Is there existing code that already does this, either using change hooks or any other method? Or, any thoughts about a good approach to do this?

Drew
  • 75,699
  • 9
  • 109
  • 225
B. Bub
  • 49
  • 2
  • 1
    I would suggest using a system similar to `flyspell` "displacement-commands" and *also* an idle-timer. If idle, then check. If not idle, then if `this-command` is `eq` to the `last-command`, then don't check -- otherwise, check. The `pre-command-hook` can record `this-command` and the `post-command-hook` can check to see if `this-command` is `eq` to `last-command`. You can also have a list of commands that are excluded from the check, or a list of commands that are specifically included in the check. – lawlist Dec 04 '16 at 05:22
  • Be sure to read `(info "(elisp) Change Hooks")`, because these hooks may not work as you'd expect, i.e. they may not be called in a balanced manner in every case. – politza Dec 04 '16 at 10:13
  • 2
    How big does the file have to be for a word counting function to lag noticeably? From programming perspective, it would be much easier to re-count all words in a buffer, thus giving results independent of the state (you don't really want to try to guess all ways users may insert text in the buffer much less add hooks to fundamental text-inserting functions, unless absolutely necessary). – wvxvw Dec 04 '16 at 10:40
  • @lawlist That's a simple solution that might solve the problem (if I can find an idle time that works for me). Will try it. Could you say a bit about the logic behind checking only when `this-command` is not `eq` the `last-command`? – B. Bub Dec 04 '16 at 16:35
  • @politza I ran into exactly that issue. I think I can make it work by using before-change-functions to count deletions and after-change-functions to count insertions. What I'm having trouble with is figuring out how to make the hooks buffer local. I tried: `(make-variable-buffer-local 'before-change-functions)` but the function I added to `before-change-functions` seems to be called in all buffers. – B. Bub Dec 04 '16 at 17:07
  • If you type a word, Emacs sees each regular keypress as `self-insert-command` -- likely to be repetitive. An idle timer can be set to something like 0.5 seconds, so when you stop typing, the word count is checked. If you move left or right, then those are different commands, so the word count will be checked. If you delete a word or letter, that is also a different command. If `this-command` is `eq` to `last-command`, then it may be a repetitive series of the same thing.
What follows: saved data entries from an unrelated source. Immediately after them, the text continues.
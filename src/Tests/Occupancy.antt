-- ===== src/Tests/Occupancy.antt =====
-- The book of seats at concrete inputs.
use cursor_pulse.Base.{
  ℕ, ◌+◌, ◌-◌, ◌*◌, ◌≤◌, ◌≡◌, ◌↔◌, refl, true, false, ◌==◌, ◌&&◌, if◌then◌else◌, List, [], ◌∷◌,
  none, some, arith, All, max,
}
use cursor_pulse.Base.Dict.{Distinct, lookup, nat_eq, pair_eq}
use cursor_pulse.Seats.Book.{
  Seat, Seats, Book, second, max_inflight_seconds, has_calls, dead_boots, on_account, empty_book,
  expire,
}
use cursor_pulse.Seats.Keyed.{IsWell, IsFiled}
use cursor_pulse.Seats.Choice.{Request, choose, current_fits}
use cursor_pulse.Seats.Calls.{begin_call, end_call, release_idle}
use cursor_pulse.Seats.Capacity.{Agrees, choose_capacity}
use cursor_pulse.Seats.Refusal.{IsShut, choose-none}
use cursor_pulse.Seats.Operations.{Call, chooses, begins, ends, run, run-IsWell}
use cursor_pulse.Seats.Inflight.{
  calls_on, begin_call_counts, end_call_counts, end_call-begin_call, expire-keeps,
}

abbrev taken : Seat
taken = record {
  holder_id = 2;
  account_id = 100;
  credential_id = 10;
  seen_at = 5 * second;
  inflight = (77, 1) ∷ [];
  hold_until = 0;
  hold_seconds = 0;
}

-- Holder 2 has a call in progress on account 100.
abbrev busy : Book
busy = record { seats = ((2, 100), taken) ∷ []; boots = []; cp_restored = true }

-- Holder 1 asks for a seat, one holder to an account.
abbrev asking : Request
asking = record {
  holder_id = 1;
  ranked = (10, 100) ∷ (11, 101) ∷ [];
  account_by_credential = [];
  current_credential_id = 0;
  release_current = false;
  pinned = false;
  pinned_credential_id = 0;
  max_concurrent = 1;
  ttl_seconds = 600 * second;
  held_credential_ids = [];
}

abbrev now : ℕ
now = 6 * second

asking-Agrees : Agrees asking now
unfolding cursor_pulse.Seats.Choice.accounts cursor_pulse.Seats.Choice.set_defaults
asking-Agrees = (refl, (refl, tt))

choose_capacity_example :
    on_account 100 (choose busy asking now).1.seats ≤ max (on_account 100 busy.seats) 1
choose_capacity_example = choose_capacity busy asking now refl (omega arith) refl asking-Agrees 100

choose_run : (choose busy asking now).0.assigned_credential_id ≡ some 11
unfolding choose cursor_pulse.Seats.Choice.choose_seats cursor_pulse.Seats.Choice.choose_limited
    cursor_pulse.Seats.Choice.full cursor_pulse.Seats.Choice.first_free
    cursor_pulse.Seats.Choice.accounts cursor_pulse.Seats.Choice.set_defaults
    cursor_pulse.Seats.Choice.others_on cursor_pulse.Seats.Choice.current_fits
    cursor_pulse.Seats.Choice.held cursor_pulse.Seats.Choice.occupy_all expire
    cursor_pulse.Seats.Book.alive cursor_pulse.Seats.Book.reap_dead_boots dead_boots
choose_run = refl

choose-none_run : ((choose busy asking now).0.assigned_credential_id ≡ none) ↔ (
    (current_fits asking now (expire busy now (600 * second)).seats 0 ≡ false)
    × All (λ p. IsShut asking now (expire busy now (600 * second)).seats p.1) asking.ranked)
choose-none_run = choose-none busy asking now refl refl (omega arith) refl

abbrev calls : List (ℕ × Call)
calls = (1, chooses asking) ∷ (2, begins 1 100 10 77 0) ∷ (3, ends 1 100 10 0 77 true) ∷ []

run-IsWell_example :
    Distinct (run empty_book calls).seats × All (λ e. IsFiled e.0 e.1) (run empty_book calls).seats
run-IsWell_example = run-IsWell calls

busy-IsWell : IsWell busy.seats
busy-IsWell = record { distinct = (refl, tt); filed = ((refl, refl, (refl, tt)), tt) }

begin_call_counts_run : calls_on (begin_call busy 2 100 10 77 0 now) 2 100 77 ≡ (
    if 2 == 2 && 100 == 100 && 77 == 77 then calls_on busy 2 100 77 + 1 else calls_on busy 2 100 77)
begin_call_counts_run = begin_call_counts busy 2 100 10 77 0 now (omega arith) 2 100 77

end_call_counts_run : calls_on (end_call busy 2 100 10 0 77 false now) 2 100 77 ≡ (
    if 2 == 2 && 100 == 100 && 77 == 77 then calls_on busy 2 100 77 - 1 else calls_on busy 2 100 77)
end_call_counts_run =
    end_call_counts busy 2 100 10 0 77 false now busy-IsWell (omega arith) 2 100 77

begun-IsWell : IsWell (begin_call busy 2 100 10 77 0 now).seats
unfolding begin_call cursor_pulse.Seats.Book.note_boot cursor_pulse.Seats.Calls.seat_or_new
    cursor_pulse.Seats.Book.new_seat
begun-IsWell = record { distinct = (refl, tt); filed = ((refl, refl, (refl, tt)), tt) }

end_call-begin_call_run :
    calls_on (end_call (begin_call busy 2 100 10 77 0 now) 2 100 10 0 77 true (7 * second)) 2 100 77
    ≡ calls_on busy 2 100 77
end_call-begin_call_run =
    end_call-begin_call busy 2 100 10 10 77 0 0 true now (7 * second) begun-IsWell (omega arith) 2
      100 77

expire-keeps_run :
    (lookup (2, 100) (expire busy now 1).seats ≡ some taken)
    × (lookup (2, 100) (release_idle busy 2 100).seats ≡ some taken)
unfolding dead_boots
expire-keeps_run = expire-keeps busy (2, 100) taken now 1 refl refl (omega arith) refl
You might also want to turn it off for repetitive movements, such as left, right, up, down, scroll. – lawlist Dec 04 '16 at 17:16
  • @wvxvw It's noticeable with about 5000 words. Agree about the simplicity of counting all words. However, in my testing it seems as if all changes are captured in either `after-change-functions` or `before-change-functions`. Are there some buffer modifications that are not accounted for in those functions? – B. Bub Dec 04 '16 at 17:25
  • Here is a link to an interesting thread where I sought help to test the number of the previous same commands -- "**Test whether all elements/symbols of a list are the same (eq)**": http://emacs.stackexchange.com/questions/26771/test-whether-all-elements-symbols-of-a-list-are-the-same-eq/26772 I was toying with the idea of permitting a certain number of repetitive commands to trigger a function, and do something different (or nothing at all) otherwise. – lawlist Dec 04 '16 at 17:26
  • @B.Bub You should use `add-hook` with a non-nil local argument. – politza Dec 04 '16 at 18:14
  • It may be feasible to use `with-no-input` or even `iter-defun`. – politza Dec 04 '16 at 22:38
  • @politza Is this supposed to work: `(make-variable-buffer-local 'after-change-functions) (add-hook 'after-change-functions 'update-counts t)`? When I add this to the minor mode code and evaluate `after-change-functions` in various buffers, the `update-counts` function seems to be added to `after-change-functions` in the appropriate buffers only (`org-mode` buffers, on which the minor mode is activated). But the `update-counts` function runs in all buffers, including the minibuffer. Any thoughts on what I'm doing wrong? – B. Bub Dec 05 '16 at 01:24
  • @lawlist Thanks for the clear explanation. – B. Bub Dec 05 '16 at 01:26
  • @lawlist I've implemented the idle functionality and it works beautifully for small files. I'm realizing though that word-counting the entire buffer will still be an impediment on large files above 25,000 or so words. – B. Bub Dec 05 '16 at 05:07
  • Depending upon how important this feature is, you may wish to consider setting up a cache of the previous count and only looking at the current line or paragraph, adding, or subtracting to the cache. When leaving the current line and modifying the buffer, then deal with the new line in a similar way. Cut or paste would trigger a full recount, or get really fancy and examine what has been cut and what is being pasted to avoid a full recount. I've only given this a few minutes of thought, but it sounds completely doable and very efficient if done correctly. – lawlist Dec 06 '16 at 18:54
  • Hi all, thanks for the suggestions. I have a partial solution that works well enough for my use (though it does rely on the assumption that `before-change-functions` and `after-change-functions` will be called in pairs). What is the recommended next step on this site? Should I write up the solution and post it here? – B. Bub Dec 08 '16 at 14:24

1 Answers1

1

I went with an approach that uses before-change-functions and after-change-functions to update the word count after each buffer modification. A simplified version of the code is:

;; Function that counts words in buffer
(defun wc-buffer ()
...
)

;; Function that counts words in a region
(defun wc-region (rbeg rend)
...
)

(defvar-local a1 nil)
(defvar-local a2 nil)
(defvar-local curr-wc nil)

(defun init-function ()
  (interactive)
  (save-excursion
    (setq curr-wc (wc-buffer))
    )
  )

(defun wc-update-before (change-beg change-end)
  (setq pos1 (max 1 (1- change-beg)))
  (setq pos2 (min (point-max) (1+ change-end)))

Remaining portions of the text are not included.